Two thirds of operators forced to consider restructuring or insolvency
More than two thirds (69%) of hospitality and leisure operators are having to weigh up insolvency or a restructure in light of unaffordable current rent levels, new research has found.
After quizzing more than 230 businesses in the trade, commercial lease restructuring firm Cedar Dean also found that 86% of London-based operators don’t think their new or existing terms are sufficient, compared to three quarters (77%) outside the capital.
The study revealed that just over a third (38%) of respondents have agreed new terms with the majority of their landlords.
“The results of our survey clearly show that the commercial property market needs a complete reset,” Cedar Dean CEO David Abramson said. “This obviously isn’t business as usual.

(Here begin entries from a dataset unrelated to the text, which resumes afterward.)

-- ===== src/Groups.antt =====
-- `PatchGroup`, `shape_report` and `run_child` of scripts/abk_backport_engine.py. The report is the
-- returned value; its texts of details, its time stamp, the printing and the report files are not
-- modelled.
pub mod Guard
pub mod Child
pub mod Refusals
pub mod Compared
pub mod Watched
pub mod Preserve
pub mod DryRun
pub mod Reports
pub mod Acting
pub mod Probes
pub mod Aims
pub mod Planned
use abk_5_15_backport.Prelude.{
  Bool, true, false, not, ◌&&◌, ◌||◌, List, [], ◌∷◌, ◌++◌, Option, none, some, if◌then◌else◌, ℕ,
  ◌+◌, map, is_some,
}
use abk_5_15_backport.Text.{Text, text_eq}
use abk_5_15_backport.Result.{Error, system_exit, Result, ok, err, Exec, ◌>>=◌, pure, raise}
use abk_5_15_backport.Disk.{FilePath}
use abk_5_15_backport.Context.{
  Context, read, pending_writes, fdtable_upstream_shape, suite_fdtable_fallback, block_rolled_back,
}
use abk_5_15_backport.Steps.{
  Status, applied, partial, already_present, report_only, blocked_by_missing_anchor,
  blocked_by_shape, skip_suite_processed,
}

pub record PatchGroup : Type 0 where
  pub key : Text
  pub summary : Text
  pub commits : List Text
  pub files : List FilePath
  pub apply_fn : Exec Context Status
  pub hard : Bool

pub record GroupResult : Type 0 where
  pub key : Text
  pub summary : Text
  pub commits : List Text
  pub files : List FilePath
  pub status : Status

unfoldable pub result_of : PatchGroup → Status → GroupResult
result_of g st = record {
  key = g.key;
  summary = g.summary;
  commits = g.commits;
  files = g.files;
  status = st;
}

-- Every modelled exception is a `SystemExit`, an `OSError` or a `ValueError`.
unfoldable pub caught : PatchGroup → Result Status × Context → Result GroupResult × Context
unfolding result_of
caught g (ok st, c) = (ok (result_of g st), c)
caught g (err e, c) = if g.hard then (err e, c) else (ok (result_of g blocked_by_shape), c)

unfoldable pub run : PatchGroup → Exec Context GroupResult
run g c = caught g (g.apply_fn c)

-- `{rel: ctx.read(rel) for rel in paths}`
unfoldable pub read_all : List FilePath → Exec Context (List (FilePath × Text))
read_all [] = pure []
read_all (p ∷ paths) = do text ← read p; rest ← read_all paths; pure ((p, text) ∷ rest)

unfoldable pub lookup : FilePath → List (FilePath × Text) → Option Text
unfolding text_eq
lookup p [] = none
lookup p ((q, t) ∷ m) = if text_eq q p then some t else lookup p m

abbrev pub differs : Text → Option Text → Bool
differs t none = true
differs t (some u) = not (text_eq t u)

-- `[rel for rel in paths if ctx.read(rel) != before.get(rel, None)]`
unfoldable pub changed_paths : List (FilePath × Text) → List FilePath → Exec Context (List FilePath)
unfolding lookup
changed_paths before [] = pure []
changed_paths before (p ∷ paths) = do
  text ← read p
  rest ← changed_paths before paths
  pure (if differs text (lookup p before) then p ∷ rest else rest)

abbrev pub is_success : Status → Bool
is_success applied = true
is_success partial = true
is_success already_present = true
is_success _ = false

abbrev pub is_edit : Status → Bool
is_edit applied = true
is_edit partial = true
is_edit _ = false

abbrev pub is_nil : List FilePath → Bool
is_nil [] = true
is_nil (p ∷ ps) = false

-- A degraded group must not have written; an applied one must have.
unfoldable pub judge : GroupResult → List FilePath → Exec Context GroupResult
judge g changed c =
    if not (is_success g.status)
    then (if is_nil changed then (ok g, c) else (err system_exit, c))
    else if is_edit g.status && is_nil changed
    then (err system_exit, c)
    else (ok g, c)

unfoldable pub check : List (FilePath × Text) → GroupResult → Exec Context GroupResult
check before result c =
    (do changed ← changed_paths before (pending_writes c); judge result changed) c

-- One round of the loop over an enabled child.
unfoldable pub run_checked : PatchGroup → Exec Context GroupResult
run_checked g c = (do before ← read_all (pending_writes c); result ← run g; check before result) c

unfoldable pub run_group : Bool → PatchGroup → Exec Context GroupResult
unfolding result_of
run_group enabled g c = if enabled then run_checked g c else (ok (result_of g report_only), c)

unfoldable pub run_groups : Bool → List PatchGroup → Exec Context (List GroupResult)
run_groups enabled [] = pure []
run_groups enabled (g ∷ groups) = do
  result ← run_group enabled g
  rest ← run_groups enabled groups
  pure (result ∷ rest)

-- `[r["key"] for r in results if r["status"] in (…)]`
unfoldable pub applied_keys : List GroupResult → List Text
applied_keys [] = []
applied_keys (r ∷ results) =
    let rest = applied_keys results in if is_success r.status then r.key ∷ rest else rest

unfoldable pub status_eq : Status → Status → Bool
status_eq applied applied = true
status_eq partial partial = true
status_eq already_present already_present = true
status_eq report_only report_only = true
status_eq blocked_by_missing_anchor blocked_by_missing_anchor = true
status_eq blocked_by_shape blocked_by_shape = true
status_eq skip_suite_processed skip_suite_processed = true
status_eq _ _ = false

abbrev pub Summary : Type 0
Summary = List (Status × ℕ)

-- `summary[st] = summary.get(st, 0) + 1`
unfoldable pub bump : Status → Summary → Summary
unfolding status_eq
bump st [] = (st, 1) ∷ []
bump st ((s, n) ∷ m) =
    let rest = bump st m in if status_eq s st then (s, n + 1) ∷ m else (s, n) ∷ rest

unfoldable pub summarise : List GroupResult → Summary → Summary
unfolding bump
summarise [] m = m
summarise (r ∷ results) m = summarise results (bump r.status m)

pub record Shapes : Type 0 where
  pub fdtable_upstream : Bool
  pub suite_fallback : Bool
  pub block_is_rolled_back : Bool

unfoldable pub shape_report : Exec Context Shapes
shape_report = do
  upstream ← fdtable_upstream_shape
  suite ← suite_fdtable_fallback
  block ← block_rolled_back
  pure
      (record { fdtable_upstream = upstream; suite_fallback = suite; block_is_rolled_back = block })

unfoldable pub shapes_if : Bool → Exec Context (Option Shapes)
shapes_if true = do shapes ← shape_report; pure (some shapes)
shapes_if false = pure none

pub record Report : Type 0 where
  pub child : Text
  pub family : Text
  pub dry_run : Bool
  pub defconfig_writable : Bool
  pub shapes : Option Shapes
  pub pending : List FilePath
  pub applied_groups : List Text
  pub status_summary : Summary
  pub groups : List GroupResult

unfoldable pub report_of : Text → Option Shapes → List GroupResult → Context → Report
unfolding pending_writes applied_keys summarise
report_of child shapes results c = record {
  child = child;
  family = c.family;
  dry_run = c.dry_run;
  defconfig_writable = is_some c.defconfig_rel;
  shapes = shapes;
  pending = pending_writes c;
  applied_groups = applied_keys results;
  status_summary = summarise results [];
  groups = results;
}

unfoldable pub run_child : Text → List PatchGroup → Bool → Exec Context Report
run_child child groups enabled = do
  results ← run_groups enabled groups
  shapes ← shapes_if enabled
  λ c. (ok (report_of child shapes results c), c)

“Many landlords still need to get their heads out of the sand and recognise Covid-19 has changed the game for the long term. This isn’t a six to 12-month issue.
“We’re seeing more company voluntary arrangements (CVAs), many of them unnecessary, because there is currently no mechanism for commercial rents to be revised down in the rent review process,” he continued.
“However, this is not a quick fix. In the meantime, with over 80% of the sector still needing better terms, landlords and tenants must work together towards win-win agreements so that both parties can survive the current crisis.”